Она готовилась пока разделить с сестрой ее труды – лишь только, так или иначе, выйдет из этой тяжкой борьбы с Марком, которая кончилась наконец недавно, не победой того или другого, а взаимным поражением и разлукой навсегда.
Все это пробежало в уме Веры, пока Татьяна Марковна и Райский провожали гостей за Волгу.
«Что теперь он делает, этот волк? – думала она иногда, – торжествует ли свою победу…»
Она не додумывалась и вздрагивала.
Она открыла ящик, достала оттуда запечатанное письмо на синей бумаге, которое прислал ей Марк рано утром через рыбака. Она посмотрела на него с минуту, подумала – и решительно бросила опять нераспечатанным в стол.
Все другие муки глубоко хоронились у ней в душе. На очереди стояла страшная битва насмерть с новой бедой: что бабушка? Райский успел шепнуть ей, что будет говорить с Татьяной Марковной вечером, когда никого не будет, чтоб и из людей никто не заметил впечатления, какое может произвести на нее эта откровенность.

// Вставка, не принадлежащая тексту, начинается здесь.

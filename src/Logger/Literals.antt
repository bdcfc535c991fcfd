-- ===== src/Logger/Literals.antt =====
-- The texts that the server reads out of the statement.
use aka_smsd.Common.{
  ℕ, zero, suc, ◌-◌, ◌/◌, ◌≡◌, ◌≢◌, refl, sym, ap, ◌∙◌, arith, Bool, true, false, List, [], ◌∷◌,
  ◌++◌, map, ◌==◌, if◌then◌else◌, ltb, Bool-cases, inl, inr, append_assoc, append-nil, replicate,
  length,
}
use aka_smsd.Common.Int.{ℤ, pos, negsuc}
use aka_smsd.Common.Text.{c_str}
use aka_smsd.Common.Decimal.{print_digits, print_int}
use aka_smsd.Logger.{
  LocalTime, LogEntry, convert_date, print_padded, quote, replace_quote, clean, direction, Value,
  text, number, print_value, print_more, insert_into, values_behind, log_sql,
}

-- Where the server is in the statement: between literals, in one, or behind a backslash in one.
pub data Place : Type 0 where
  outside : Place
  inside behind_backslash : List ℕ → Place

abbrev pub enter : Bool → Place
enter is_quote = if is_quote then inside [] else outside

-- The literals of a statement. Two quotes in a row, which stand for one, do not occur.
unfoldable pub literals : Place → List ℕ → List (List ℕ)
literals place [] = []
literals outside (c ∷ s) = literals (enter (c == quote)) s
literals (behind_backslash word) (c ∷ s) = literals (inside (word ++ c ∷ [])) s
literals (inside word) (c ∷ s) =
    let ended = literals outside s in
    let longer = literals (if c == 92 then behind_backslash word else inside (word ++ c ∷ [])) s in
    if c == quote then word ∷ ended else longer

-- No quote and no backslash.
abbrev pub IsPlain : List ℕ → Type 0
IsPlain [] = Unit {0}
IsPlain (c ∷ s) = (c ≢ quote) × (c ≢ 92) × IsPlain s

abbrev texts_of : List Value → List (List ℕ)
texts_of [] = []
texts_of (text s ∷ vs) = s ∷ texts_of vs
texts_of (number n ∷ vs) = texts_of vs

abbrev ArePlain : List Value → Type 0
ArePlain [] = Unit {0}
ArePlain (text s ∷ vs) = IsPlain s × ArePlain vs
ArePlain (number n ∷ vs) = ArePlain vs

literals-skip : (s rest : List ℕ) → IsPlain s → literals outside (s ++ rest) ≡ literals outside rest
unfolding literals
literals-skip [] rest h = refl
literals-skip (c ∷ s) rest h = ground (arith, literals-skip s rest h.2)

literals-word :
    (word s rest : List ℕ)
    → IsPlain s
    → literals (inside word) (s ++ quote ∷ rest) ≡ (word ++ s) ∷ literals outside rest
unfolding literals
literals-word word [] rest h =
    ap (λ (w : List ℕ). w ∷ literals outside rest) (sym (append-nil word))
literals-word word (c ∷ s) rest h =
    let not_quote : (c == quote) ≡ false = ground (arith, h) in
    let not_slash : (c == 92) ≡ false = ground (arith, h) in
    rw (literals, not_quote, not_slash)
      (literals-word (word ++ c ∷ []) s rest h.2
        ∙ ap (λ (w : List ℕ). w ∷ literals outside rest) (append_assoc word (c ∷ []) s))

IsPlain-append : (s t : List ℕ) → IsPlain s → IsPlain t → IsPlain (s ++ t)
IsPlain-append [] t h k = k
IsPlain-append (c ∷ s) t h k = (h.0, h.1, IsPlain-append s t h.2 k)

print_digits-IsPlain : (fuel n : ℕ) → IsPlain (print_digits fuel n)
unfolding print_digits
print_digits-IsPlain zero n = tt
print_digits-IsPlain (suc fuel) n = elim (Bool-cases (ltb n 10)) [
  | inl small ↦ rw small (ground arith)
  | inr large ↦ rw large (
      IsPlain-append (print_digits fuel (n / 10)) _ (print_digits-IsPlain fuel (n / 10))
        (ground arith))
]

print_int-IsPlain : (n : ℤ) → IsPlain (print_int n)
unfolding print_int
print_int-IsPlain (pos n) = print_digits-IsPlain 10 n
print_int-IsPlain (negsuc n) = (ground arith, ground arith, print_digits-IsPlain 10 (suc n))

replicate-IsPlain : (n : ℕ) → IsPlain (replicate n b'0')
replicate-IsPlain zero = tt
replicate-IsPlain (suc n) = (ground arith, ground arith, replicate-IsPlain n)

print_padded-IsPlain : (width n : ℕ) → IsPlain (print_padded width n)
print_padded-IsPlain width n =
    IsPlain-append (replicate (width - length (print_int (pos n))) b'0') (print_int (pos n))
      (replicate-IsPlain (width - length (print_int (pos n)))) (print_int-IsPlain (pos n))

with_mark :
    (width n c : ℕ) (rest : List ℕ)
    → c ≢ quote
    → c ≢ 92
    → IsPlain rest
    → IsPlain (print_padded width n ++ c ∷ rest)
with_mark width n c rest h k plain =
    IsPlain-append (print_padded width n) (c ∷ rest) (print_padded-IsPlain width n) (h, k, plain)

convert_date-IsPlain : (t : LocalTime) → IsPlain (convert_date t)
unfolding convert_date
convert_date-IsPlain t = with_mark 4 t.year b'-' _ (ground arith) (ground arith) (
    with_mark 2 t.month b'-' _ (ground arith) (ground arith) (
      with_mark 2 t.day b' ' _ (ground arith) (ground arith) (
        with_mark 2 t.hour b':' _ (ground arith) (ground arith) (
          with_mark 2 t.minute b':' _ (ground arith) (ground arith)
            (print_padded-IsPlain 2 t.second)))))

literals-print_more :
    (vs : List Value) → ArePlain vs → literals outside (print_more vs) ≡ texts_of vs
unfolding literals
literals-print_more [] h = refl
literals-print_more (text s ∷ vs) h =
    ap (literals (inside [])) (append_assoc s (quote ∷ []) (print_more vs))
    ∙ literals-word [] s (print_more vs) h.0
    ∙ ap (◌∷◌ s) (literals-print_more vs h.1)
literals-print_more (number n ∷ vs) h =
    literals-skip (print_int n) (print_more vs) (print_int-IsPlain n) ∙ literals-print_more vs h

literals-print_values :
    (s : List ℕ) (vs : List Value)
    → IsPlain s
    → ArePlain vs
    → literals outside (print_value (text s) ++ print_more vs) ≡ s ∷ texts_of vs
unfolding literals
literals-print_values s vs h k = literals-print_more (text s ∷ vs) (h, k)

-- No zero byte and no backslash.
abbrev pub IsLoggable : List ℕ → Type 0
IsLoggable [] = Unit {0}
IsLoggable (c ∷ s) = (c ≢ 0) × (c ≢ 92) × IsLoggable s

clean_lem : (s : List ℕ) → IsLoggable s → clean s ≡ map replace_quote s
unfolding c_str
clean_lem [] h = refl
clean_lem (c ∷ s) h = ground (arith, clean_lem s h.2)

replaced-IsPlain : (s : List ℕ) → IsLoggable s → IsPlain (map replace_quote s)
replaced-IsPlain [] h = tt
replaced-IsPlain (c ∷ s) h = (ground arith, ground arith, replaced-IsPlain s h.2)

direction-IsPlain : (is_up : Bool) → IsPlain (direction is_up)
direction-IsPlain true = ground arith
direction-IsPlain false = ground arith

insert_into-IsPlain : IsPlain insert_into
insert_into-IsPlain = ground arith

-- When the five texts that name the sender, the receiver, the phone that pays, the BBS and the
-- operator hold no quote and no backslash, and the content holds no zero byte and no backslash, the
-- server reads exactly these literals out of the statement: the five texts, the two times, the
-- content with each single quote made a double one, and the direction. So no content of this kind
-- ends its literal early.
pub literals-log_sql :
    (local_time : ℕ → LocalTime) (e : LogEntry)
    → IsPlain e.source_no
    → IsPlain e.target_no
    → IsPlain e.fee_target_no
    → IsPlain e.child_id
    → IsPlain e.parent_id
    → IsLoggable e.content
    → literals outside (log_sql local_time e)
      ≡ e.source_no
        ∷ e.target_no
        ∷ e.fee_target_no
        ∷ e.child_id
        ∷ e.parent_id
        ∷ convert_date (local_time e.send_time)
        ∷ convert_date (local_time e.deliver_time)
        ∷ map replace_quote e.content
        ∷ direction e.is_up
        ∷ []
unfolding log_sql
literals-log_sql local_time e source target fee child parent content =
    let cleaned = clean_lem e.content content in
    let plain : IsPlain (clean e.content) = rw cleaned (replaced-IsPlain e.content content) in
    literals-skip insert_into _ insert_into-IsPlain
    ∙ literals-print_values e.source_no (values_behind local_time e) source (
      target,
      (
        fee,
        (
          child,
          (
            parent,
            (
              convert_date-IsPlain (local_time e.send_time),
              (
                convert_date-IsPlain (local_time e.deliver_time),
                (plain, (direction-IsPlain e.is_up, tt)),
              ),
            ),
          ),
        ),
      ),
    )
    ∙ ap
        (λ (c : List ℕ).
          e.source_no
          ∷ e.target_no
          ∷ e.fee_target_no
          ∷ e.child_id
          ∷ e.parent_id
          ∷ convert_date (local_time e.send_time)
          ∷ convert_date (local_time e.deliver_time)
          ∷ c
          ∷ direction e.is_up
          ∷ [])
        cleaned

У Веры зловещей бедой заныла грудь, когда Райский говорил ей о своей предосторожности. Она измеряла этим степень беды и мысленно желала не дожить до вечера.
Она немного отдохнула, открыв все Райскому и Тушину. Ей стало будто покойнее. Она сбросила часть тяжести, как моряки в бурю бросают часть груза, чтоб облегчить корабль. Но самый тяжелый груз был на дне души, и ладья ее сидела в воде глубоко, черпала бортами и могла, при новом ожидаемом шквале, черпнуть и не встать больше.
Она мысленно бросалась на грудь то Райскому, то Тушину, отдыхала на час, и потом опять клонила голову.
– Нельзя жить, нельзя! – шептала она и шла в свою часовню, в ужасе смотрела на образ, стоя на коленях.
Только вздохи боли показывали, что это стоит не статуя, а живая женщина. Образ глядел на нее задумчиво, полуоткрытыми глазами, но как будто не видел ее, персты были сложены в благословение, но не благословляли ее.
Она жадно смотрела в эти глаза, ждала какого-то знамения – знамения не было. Она уходила как убитая, в отчаянии.